One of CPR’s working hypotheses is that the payment reform models that will prove to be most successful long term at reducing costs and improving care quality will be those that put providers at financial risk while requiring transparent outcomes reporting. These arrangements allow providers to reap rewards for delivering care more efficiently, but also penalize providers for being inefficient, or for providing poor quality care; in short, both the carrot and the stick are key to changing behavior and creating lasting positive change. CPR has discussed this concept in The Payment Reform Landscape series here on Health Affairs Blog throughout this year.

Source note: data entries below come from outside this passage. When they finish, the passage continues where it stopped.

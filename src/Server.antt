-- ===== src/Server.antt =====
-- src/server/server.c: the list of subscribed clients. The used part of `client_fds` is a list, so that
-- its length is `client_count`; `clients_mu` makes each operation one step. What the server writes is
-- the list of its `write` calls, whose answers it only logs.
pub mod Entries
pub mod Methods
pub mod Names
pub mod Backend
pub mod Dispatch
pub mod Clients
pub mod Refresh
pub mod Refreshed
pub mod Events
pub mod Dump
pub mod Samples
pub mod Kept
pub mod Distinctness
mod EventTests
mod Tests
use axctl_c.Prelude.{ℕ, List, [], ◌∷◌, ◌++◌, ltb, ◌==◌, if◌then◌else◌, length, CString, codes}

-- `MAX_CLIENTS`
abbrev pub max_clients : ℕ
max_clients = 64

-- What `System.Subscribe` does to the list.
unfoldable pub subscribe : List ℕ → ℕ → List ℕ
subscribe client_fds client_fd =
    if ltb (length client_fds) max_clients then client_fds ++ client_fd ∷ [] else client_fds

-- `client_fds[i] = client_fds[--client_count]` on the slots from the place `i` on, less the first:
-- the last slot of `y ∷ ys` moves to the front.
unfoldable pub last_of : ℕ → List ℕ → ℕ
last_of y [] = y
last_of y (z ∷ zs) = last_of z zs

unfoldable pub init_of : ℕ → List ℕ → List ℕ
init_of y [] = []
init_of y (z ∷ zs) = y ∷ init_of z zs

unfoldable pub fill_with_last : List ℕ → List ℕ
unfolding last_of init_of
fill_with_last [] = []
fill_with_last (y ∷ ys) = last_of y ys ∷ init_of y ys

-- The last part of `handle_connection`: the first slot with the descriptor is given up.
unfoldable pub unsubscribe : List ℕ → ℕ → List ℕ
unfolding fill_with_last
unsubscribe [] fd = []
unsubscribe (x ∷ fds) fd = if x == fd then fill_with_last fds else x ∷ unsubscribe fds fd

-- A call of `write`.
pub record Write : Type 0 where
  pub fd : ℕ
  pub bytes : CString

-- The loop of `broadcast_event` for the text of the notification.
unfoldable pub broadcast : List ℕ → CString → List Write
broadcast [] text = []
broadcast (fd ∷ fds) text =
    record { fd = fd; bytes = text } ∷ record { fd = fd; bytes = codes "\n" } ∷ broadcast fds text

A More Gradual Glide-Path Option

Yet not every provider system wanting to create an ACO will be able immediately to take on shared financial risk. For those systems, CPR and PBGH propose a “glide-path” that allows purchasers and providers to enter into an arrangement in which shared financial risk evolves over time.

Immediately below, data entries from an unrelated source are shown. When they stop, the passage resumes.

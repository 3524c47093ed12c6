-- ===== src/Server/Refresh.antt =====
-- src/server/server.c: `server_init_cache`, with the answers of the compositor as a parameter.
use axctl_c.Prelude.{Option, none, some, CString}
use axctl_c.Types.{Window, Workspace, MonitorInfo, Array}
use axctl_c.Cache.{Cache, given, mark_window_focused, set_windows, set_workspaces, set_monitors}

-- What the operations of the compositor answer; `none` is a result that is not 0.
pub record Compositor (D : Type 0) : Type 0 where
  pub list_windows : Option (Array Window)
  pub active_window : Option (Option CString)
  pub list_workspaces : Option (Array Workspace)
  pub list_monitors : Option (Array (MonitorInfo D))

module _ {D : Type 0} where
  -- The four parts of `server_init_cache`.
  unfoldable pub refresh_windows : Compositor D → Cache D → Cache D
  refresh_windows comp c = elim comp.list_windows [ none ↦ c | some ws ↦ (set_windows c ws).0 ]

  unfoldable pub refresh_focus : Compositor D → Cache D → Cache D
  refresh_focus comp c = elim comp.active_window [
    | none ↦ c
    | some active_id ↦ elim (given active_id) [
      | none ↦ c
      | some id ↦ mark_window_focused c (some id)
    ]
  ]

  unfoldable pub refresh_workspaces : Compositor D → Cache D → Cache D
  refresh_workspaces comp c = elim comp.list_workspaces [
    | none ↦ c
    | some ws ↦ (set_workspaces c ws).0
  ]

  unfoldable pub refresh_monitors : Compositor D → Cache D → Cache D
  refresh_monitors comp c = elim comp.list_monitors [ none ↦ c | some ms ↦ (set_monitors c ms).0 ]

  unfoldable pub server_init_cache : Compositor D → Cache D → Cache D
  server_init_cache comp c =
      refresh_monitors comp (refresh_workspaces comp (refresh_focus comp (refresh_windows comp c)))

Step one can include an ACO-type arrangement where providers receive fee-for-service payments with shared savings. This initial phase should be brief, and the ACO should achieve a minimum savings rate (e.g. 2 percent) before payers distribute any savings.

As step two, the purchaser and provider network system embark on a shared risk arrangement, where the provider can earn savings — or lose funding — based on performance, and where the provider stands to bear the risks of spending over budget. Of course identifying and agreeing to performance measures is a huge part of this process. Our ACO Toolkit contains recommended performance measures that are outcomes-oriented and patient-centered.

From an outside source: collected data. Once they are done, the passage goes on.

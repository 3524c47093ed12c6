-- ===== src/Server/Events.antt =====
-- src/server/server.c: what an event of the compositor does to the cache, and the notification that
-- it causes. The answers of the compositor are a parameter. The state that goes with a notification is in
-- Server.Dump.
use axctl_c.Prelude.{ℕ, Bool, false, Option, none, some, CString, codes}
use axctl_c.Json.{JsonC}
use axctl_c.Json.Helpers.{string_or_empty}
use axctl_c.Types.{
  Window, EventType, window_created, window_closed, window_focused, window_title_changed,
  window_moved, workspace_changed, monitor_changed, config_reloaded, fullscreen_changed,
  focused_monitor_changed, floating_changed, unknown,
}
use axctl_c.Server.Refresh.{Compositor, server_init_cache}
use axctl_c.Cache.{
  Cache, Heap, add_window, remove_window, update_window_title, update_window_state,
  update_window_floating, update_window_workspace, mark_window_focused,
}

-- `axctl_event_t`, less its time stamp.
pub record Event (j : JsonC) : Type 0 where
  pub kind : EventType
  pub window : Option Window
  pub payload : Option j.Json

module _ {D : Type 0} where
  -- The window of an event is cached if there is one, and for a focus event if it has an id.
  unfoldable pub add_given : Cache D → Option Window → Cache D
  add_given c none = c
  add_given c (some w) = add_window c w

  unfoldable pub add_named : Cache D → Option Window → Cache D
  add_named c none = c
  add_named c (some w) = elim w.id [ none ↦ c | some id ↦ add_window c w ]

  unfoldable pub remove_given : Cache D → Option CString → Cache D
  remove_given c none = c
  remove_given c (some id) = remove_window c id

  unfoldable pub title_given : Cache D → Option CString → Option CString → Cache D
  title_given c none title = c
  title_given c (some id) none = c
  title_given c (some id) (some title) = update_window_title c id (some title)

  unfoldable pub state_given : Cache D → Option CString → Bool → Cache D
  state_given c none fs = c
  state_given c (some id) fs = update_window_state c id fs

  unfoldable pub floating_given : Cache D → Option CString → Bool → Cache D
  floating_given c none floating = c
  floating_given c (some id) floating = update_window_floating c id floating

module _ (j : JsonC) where
  -- The value of a key of the payload.
  unfoldable pub payload_get : Option j.Json → CString → Option j.Json
  payload_get none key = none
  payload_get (some o) key = j.object_get o key

  unfoldable pub payload_string : Option j.Json → CString → Option CString
  unfolding payload_get
  payload_string payload key = elim (payload_get payload key) [
    | none ↦ none
    | some v ↦ j.get_string v
  ]

  unfoldable pub payload_boolean : Option j.Json → CString → Bool
  unfolding payload_get
  payload_boolean payload key = elim (payload_get payload key) [
    | none ↦ false
    | some v ↦ j.get_boolean v
  ]

  -- The value of `address`, or that of `id` if there is no `address`.
  unfoldable pub payload_id : Option j.Json → Option CString
  unfolding payload_string payload_get
  payload_id payload = elim (payload_get payload (codes "address")) [
    | none ↦ payload_string payload (codes "id")
    | some v ↦ j.get_string v
  ]

  -- What `broadcast_event` is called with.
  pub record Notification : Type 0 where
    pub method : CString
    pub params : Option j.Json

  -- What the callback leaves behind.
  pub record Reaction (D : Type 0) : Type 0 where
    pub cache : Cache D
    pub heap : Heap j
    pub method : CString
    pub params : Option j.Json

  abbrev pub object_of : CString → j.Json → j.Json
  object_of key v = j.object_add j.new_object key v

  -- The parameters of `Event.WorkspaceChanged`.
  unfoldable pub workspace_params : Option j.Json → Option j.Json
  unfolding payload_get string_or_empty
  workspace_params payload = elim (payload_get payload (codes "name")) [
    | none ↦ payload
    | some name ↦ some (object_of (codes "Name") (string_or_empty j (j.get_string name)))
  ]

  module _ {D : Type 0} where
    -- The cached window is moved if both the id and the workspace are given.
    unfoldable pub move_window :
        Heap j → ℕ → Cache D → Option j.Json → Option CString → Option CString → Reaction D
    unfolding payload_string
    move_window heap fresh c payload (some id) (some ws) =
        let (c', heap') =
          update_window_workspace j heap fresh c id (some ws)
            (payload_string payload (codes "monitor")) in
        record {
          cache = c';
          heap = heap';
          method = codes "Event.WindowMoved";
          params = some (
              j.object_add (object_of (codes "ID") (j.new_string id)) (codes "WorkspaceID")
                (j.new_string ws));
        }
    move_window heap fresh c payload none ws = record {
      cache = c;
      heap = heap;
      method = codes "Event.WindowMoved";
      params = payload;
    }
    move_window heap fresh c payload (some id) none = record {
      cache = c;
      heap = heap;
      method = codes "Event.WindowMoved";
      params = payload;
    }

    unfoldable pub focus_given : Cache D → Option j.Json → Cache D
    unfolding payload_get
    focus_given c payload = elim (payload_get payload (codes "address")) [
      | none ↦ c
      | some v ↦ mark_window_focused c (j.get_string v)
    ]

    -- `event_callback`, by the type of the event.
    unfoldable pub react :
        Compositor D → Heap j → ℕ → Cache D → Option Window → Option j.Json → EventType → Reaction D
    unfolding payload_id payload_string payload_boolean string_or_empty
    react comp heap fresh c window payload window_created = record {
      cache = add_given c window;
      heap = heap;
      method = codes "Event.WindowCreated";
      params = payload;
    }
    react comp heap fresh c window payload window_closed = record {
      cache = remove_given c (payload_id payload);
      heap = heap;
      method = codes "Event.WindowClosed";
      params = some (object_of (codes "ID") (string_or_empty j (payload_id payload)));
    }
    react comp heap fresh c window payload window_focused = record {
      cache = add_named (focus_given c payload) window;
      heap = heap;
      method = codes "Event.WindowFocused";
      params = payload;
    }
    react comp heap fresh c window payload window_title_changed = record {
      cache = title_given c (payload_id payload) (payload_string payload (codes "title"));
      heap = heap;
      method = codes "Event.WindowTitleChanged";
      params = payload;
    }
    react comp heap fresh c window payload workspace_changed = record {
      cache = server_init_cache comp c;
      heap = heap;
      method = codes "Event.WorkspaceChanged";
      params = workspace_params payload;
    }
    react comp heap fresh c window payload window_moved =
        move_window heap fresh c payload (payload_id payload)
          (payload_string payload (codes "workspace"))
    react comp heap fresh c window payload monitor_changed = record {
      cache = server_init_cache comp c;
      heap = heap;
      method = codes "Event.MonitorChanged";
      params = payload;
    }
    react comp heap fresh c window payload config_reloaded = record {
      cache = server_init_cache comp c;
      heap = heap;
      method = codes "Event.ConfigReloaded";
      params = none;
    }
    react comp heap fresh c window payload fullscreen_changed = record {
      cache = state_given c (payload_id payload) (payload_boolean payload (codes "fullscreen"));
      heap = heap;
      method = codes "Event.FullscreenChanged";
      params = payload;
    }
    react comp heap fresh c window payload focused_monitor_changed = record {
      cache = server_init_cache comp c;
      heap = heap;
      method = codes "Event.FocusedMonitorChanged";
      params = payload;
    }
    react comp heap fresh c window payload floating_changed = record {
      cache = floating_given c (payload_id payload) (payload_boolean payload (codes "floating"));
      heap = heap;
      method = codes "Event.FloatingChanged";
      params = payload;
    }
    react comp heap fresh c window payload unknown = record {
      cache = server_init_cache comp c;
      heap = heap;
      method = codes "Event.CacheRefreshed";
      params = none;
    }

    unfoldable pub event_callback : Compositor D → Heap j → ℕ → Cache D → Event j → Reaction D
    event_callback comp heap fresh c event =
        react comp heap fresh c event.window event.payload event.kind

Finally, the ACO should transition to a population-based-payment model. In this phase, the ACO should receive a population-based payment using a predetermined amount based on the ACO’s expected costs. Underlying provider payment structures may include bundled payments or case-management fees in place of traditional fee-for-service payments that can be modified or reduced over time. This design incentivizes the ACO to practice “population management,” caring for specific populations of patients (e.g. those with chronic illness) while focusing on quality and efficiency.

The ACO should be eligible for shared savings only if it reduces costs (for example, by at least 3 percent). As the ACO achieves savings goals, the proportion of risk shared can increase. The ACO’s ability to manage risk successfully should determine the pace of the transition from shared savings to full risk sharing.

If ACOs are truly going to offer a new way to deliver and pay for care, it is important for purchasers to set the bar high, with expectations for improvement in care quality and cost savings. Like everything in health care, we know change won’t happen overnight, but we look forward to seeing progress, with more ACOs emerging to meet the criteria we outlined above and willing to take on shared financial risk.